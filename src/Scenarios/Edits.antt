-- ===== src/Scenarios/Edits.antt =====
-- Two operators edit one customer from one version.
use vaultchain_fintech_dashb.Prelude.{
  true, false, none, some, [], ◌∷◌, ◌≡◌, refl, ok, is_ok, find, count_where, filter, ◌<◌, arith,
}
use vaultchain_fintech_dashb.Prelude.Text.{codes}
use vaultchain_fintech_dashb.Customers.Store.{
  Customer, CustomerDb, CustomerEnv, verified, not_started, active, is_live,
  is_kyc_transition_allowed, AuthPrincipal,
}
use vaultchain_fintech_dashb.Customers.Read.{get_by_id, CustomerDetailDto, map_customer_detail}
use vaultchain_fintech_dashb.Customers.Hiding.{get_by_id_hides, with_contact}
use vaultchain_fintech_dashb.Customers.Update.{
  UpdateCustomerDto, update, update_rows, check_update, write_update, record_kyc_change, is_other,
}
use vaultchain_fintech_dashb.Customers.Versions.{update_once_per_version}
use vaultchain_fintech_dashb.Customers.States.{update-IsNext, IsNext}

abbrev env : CustomerEnv
env = record {
  now = 50;
  customer_id = 8;
  account_id = 81;
  wallet_id = 82;
  wallet_number = codes "1234567890123456";
  parse_date = λ s. 0;
  encrypt = λ s id. s;
  blind_index = λ s. s;
  target = λ index. [];
}

abbrev grace : Customer
grace = record {
  id = 6;
  full_name = codes "Grace Hopper";
  email = codes "grace@navy.test";
  phone = none;
  national_id_enc = codes "sealed";
  national_id_last4 = codes "0146";
  national_id_hash = codes "hash";
  date_of_birth = none;
  address = record {
    country = some (codes "US");
    city = some (codes "NY");
    postal_code = none;
    line1 = none;
  };
  wallet_number = codes "1234567890123456";
  kyc_status = not_started;
  risk_level = 0;
  status = active;
  contract_signed = false;
  row_version = 3;
  deleted_at = none;
}

abbrev db : CustomerDb
db = record { customers = grace ∷ []; wallets = []; kyc_verifications = []; audit = [] }

-- A verification of the customer, from its version 3.
abbrev edit : UpdateCustomerDto
edit = record {
  full_name = none;
  email = none;
  phone = none;
  date_of_birth = none;
  address = none;
  kyc_status = some verified;
  status = none;
  contract_signed = none;
  row_version = 3;
}

abbrev edited : CustomerDb
edited = (update env 6 edit 2 db).1

abbrev shown : CustomerDetailDto
shown = map_customer_detail (record grace { kyc_status = verified; row_version = 4 }) false

edit-returns : update env 6 edit 2 db ≡ (ok shown, edited)
unfolding update update_rows check_update write_update record_kyc_change is_kyc_transition_allowed
    get_by_id
edit-returns = refl

one_live : count_where (is_live 6) db.customers < 2
one_live = omega arith

update-IsNext_example :
    (old : Customer) × (new : Customer) × (find (is_live 6) db.customers ≡ some old)
    × (find (is_live 6) edited.customers ≡ some new)
    × IsNext edit old new
    × (filter (is_other 6) edited.customers ≡ filter (is_other 6) db.customers)
update-IsNext_example = update-IsNext env 6 edit 2 db edited shown one_live edit-returns

update_once_per_version_example :
    is_ok (update env 6 (record edit { contract_signed = some true }) 3 edited).0 ≡ false
update_once_per_version_example =
    update_once_per_version env env 6 edit (record edit { contract_signed = some true }) 2 3 db
      edited shown edit-returns refl

-- A reader without the permission asks for unmasked fields of two customers.
abbrev reader : AuthPrincipal
reader = record { sub = 3; permissions = codes "customers.read" ∷ [] }

abbrev hopper : CustomerDb
hopper = record db {
  customers =
      with_contact grace (codes "1234567890123456") (codes "555 123 4567") (some (codes "NY")) none
      ∷ [];
}

abbrev other_hopper : CustomerDb
other_hopper = record db {
  customers =
      with_contact grace (codes "9876543210983456") (codes "44 20 7946 4567") none
        (some (codes "E1"))
      ∷ [];
}

get_by_id_hides_example :
    (get_by_id 6 true (some reader) hopper).0 ≡ (get_by_id 6 true (some reader) other_hopper).0
get_by_id_hides_example =
    get_by_id_hides 6 true (some reader) hopper other_hopper grace b'1' b'9' b'5' b'4'
      (codes "234567890123456") (codes "876543210983456") (codes "55 123 4567")
      (codes "4 20 7946 4567") (some (codes "NY")) none none (some (codes "E1")) refl refl refl refl
      refl refl refl refl
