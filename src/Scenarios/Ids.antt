-- ===== src/Scenarios/Ids.antt =====
-- Ids, envelopes and national ids at concrete values.
use vaultchain_fintech_dashb.Prelude.{true, false, [], ◌∷◌, ◌≡◌, refl, arith, ok, ◌<◌}
use vaultchain_fintech_dashb.Prelude.Text.{codes}
use vaultchain_fintech_dashb.Common.Uuid.{
  Random, tick, uuidv7, fresh_clock, id_bytes, stamp, print_bytes,
}
use vaultchain_fintech_dashb.Common.UuidOrder.{
  high_part, bytes_at, run_ticks, uuidv7-is_uuid, later_is_greater,
}
use vaultchain_fintech_dashb.Challenge.Token.{is_uuid}
use vaultchain_fintech_dashb.Common.Envelope.{
  EnvelopeCiphertext, Utf8, pack_envelope, unpack_envelope, unpack_envelope-pack_envelope,
}
use vaultchain_fintech_dashb.Common.NationalId.{is_valid_raw, is_valid_raw_one_error}

abbrev zeros : Random
zeros = record { b8 = 0; b9 = 0; b10 = 0; b11 = 0; b12 = 0; b13 = 0; b14 = 0; b15 = 0 }

abbrev ones : Random
ones = record {
  b8 = 255;
  b9 = 255;
  b10 = 255;
  b11 = 255;
  b12 = 255;
  b13 = 255;
  b14 = 255;
  b15 = 255;
}

in_range :
    stamp (tick 4000 (run_ticks (5000 ∷ 4990 ∷ []) (tick 5000 fresh_clock))).last_millis
    < 281474976710656
unfolding tick
in_range = omega arith

-- The clock steps back before the second id.
later_is_greater_example :
    high_part (bytes_at (tick 5000 fresh_clock) ones)
    < high_part (bytes_at (tick 4000 (run_ticks (5000 ∷ 4990 ∷ []) (tick 5000 fresh_clock))) zeros)
later_is_greater_example =
    later_is_greater 5000 4000 (5000 ∷ 4990 ∷ []) fresh_clock ones zeros in_range

uuidv7-is_uuid_example : is_uuid (uuidv7 5000 ones fresh_clock).0 ≡ true
uuidv7-is_uuid_example = uuidv7-is_uuid 5000 ones fresh_clock refl

printed : (uuidv7 5000 ones fresh_clock).0 ≡ codes "00000000-1388-7000-bfff-ffffffffffff"
unfolding uuidv7 tick id_bytes print_bytes
printed = refl

abbrev ascii : Utf8
ascii = record { encode = λ s. s; decode = λ s. s }

abbrev sealed : EnvelopeCiphertext
sealed = record { ciphertext = 9 ∷ 8 ∷ 7 ∷ []; wrapped_data_key = 1 ∷ 2 ∷ []; key_id = codes "k1" }

packs : pack_envelope ascii sealed ≡ ok (2 ∷ b'k' ∷ b'1' ∷ 0 ∷ 2 ∷ 1 ∷ 2 ∷ 9 ∷ 8 ∷ 7 ∷ [])
unfolding pack_envelope
packs = refl

unpack_envelope-pack_envelope_example :
    unpack_envelope ascii (2 ∷ b'k' ∷ b'1' ∷ 0 ∷ 2 ∷ 1 ∷ 2 ∷ 9 ∷ 8 ∷ 7 ∷ []) ≡ ok sealed
unpack_envelope-pack_envelope_example =
    unpack_envelope-pack_envelope ascii sealed (2 ∷ b'k' ∷ b'1' ∷ 0 ∷ 2 ∷ 1 ∷ 2 ∷ 9 ∷ 8 ∷ 7 ∷ [])
      refl packs

is_valid : is_valid_raw (codes "10000000146") ≡ true
unfolding is_valid_raw
is_valid = refl

is_valid_raw_one_error_example : is_valid_raw (codes "10000000156") ≡ false
is_valid_raw_one_error_example =
    is_valid_raw_one_error (codes "10000000146") (codes "10000000156") refl is_valid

■ ■ ■ ■

* _WORK TASK_: Go to the line with "< 281474976710656" and set down that line and every line after it, through the end of the material above, word for word.

* _SOLVED PROBLEM_:
    < 281474976710656
unfolding tick
in_range = omega arith

-- The clock steps back before the second id.
later_is_greater_example :
    high_part (bytes_at (tick 5000 fresh_clock) ones)
    < high_part (bytes_at (tick 4000 (run_ticks (5000 ∷ 4990 ∷ []) (tick 5000 fresh_clock))) zeros)
later_is_greater_example =
    later_is_greater 5000 4000 (5000 ∷ 4990 ∷ []) fresh_clock ones zeros in_range

uuidv7-is_uuid_example : is_uuid (uuidv7 5000 ones fresh_clock).0 ≡ true
uuidv7-is_uuid_example = uuidv7-is_uuid 5000 ones fresh_clock refl

printed : (uuidv7 5000 ones fresh_clock).0 ≡ codes "00000000-1388-7000-bfff-ffffffffffff"
unfolding uuidv7 tick id_bytes print_bytes
printed = refl

abbrev ascii : Utf8
ascii = record { encode = λ s. s; decode = λ s. s }

abbrev sealed : EnvelopeCiphertext
sealed = record { ciphertext = 9 ∷ 8 ∷ 7 ∷ []; wrapped_data_key = 1 ∷ 2 ∷ []; key_id = codes "k1" }

packs : pack_envelope ascii sealed ≡ ok (2 ∷ b'k' ∷ b'1' ∷ 0 ∷ 2 ∷ 1 ∷ 2 ∷ 9 ∷ 8 ∷ 7 ∷ [])
unfolding pack_envelope
packs = refl

unpack_envelope-pack_envelope_example :
    unpack_envelope ascii (2 ∷ b'k' ∷ b'1' ∷ 0 ∷ 2 ∷ 1 ∷ 2 ∷ 9 ∷ 8 ∷ 7 ∷ []) ≡ ok sealed
unpack_envelope-pack_envelope_example =
    unpack_envelope-pack_envelope ascii sealed (2 ∷ b'k' ∷ b'1' ∷ 0 ∷ 2 ∷ 1 ∷ 2 ∷ 9 ∷ 8 ∷ 7 ∷ [])
      refl packs

is_valid : is_valid_raw (codes "10000000146") ≡ true
unfolding is_valid_raw
is_valid = refl

is_valid_raw_one_error_example : is_valid_raw (codes "10000000156") ≡ false
is_valid_raw_one_error_example =
    is_valid_raw_one_error (codes "10000000146") (codes "10000000156") refl is_valid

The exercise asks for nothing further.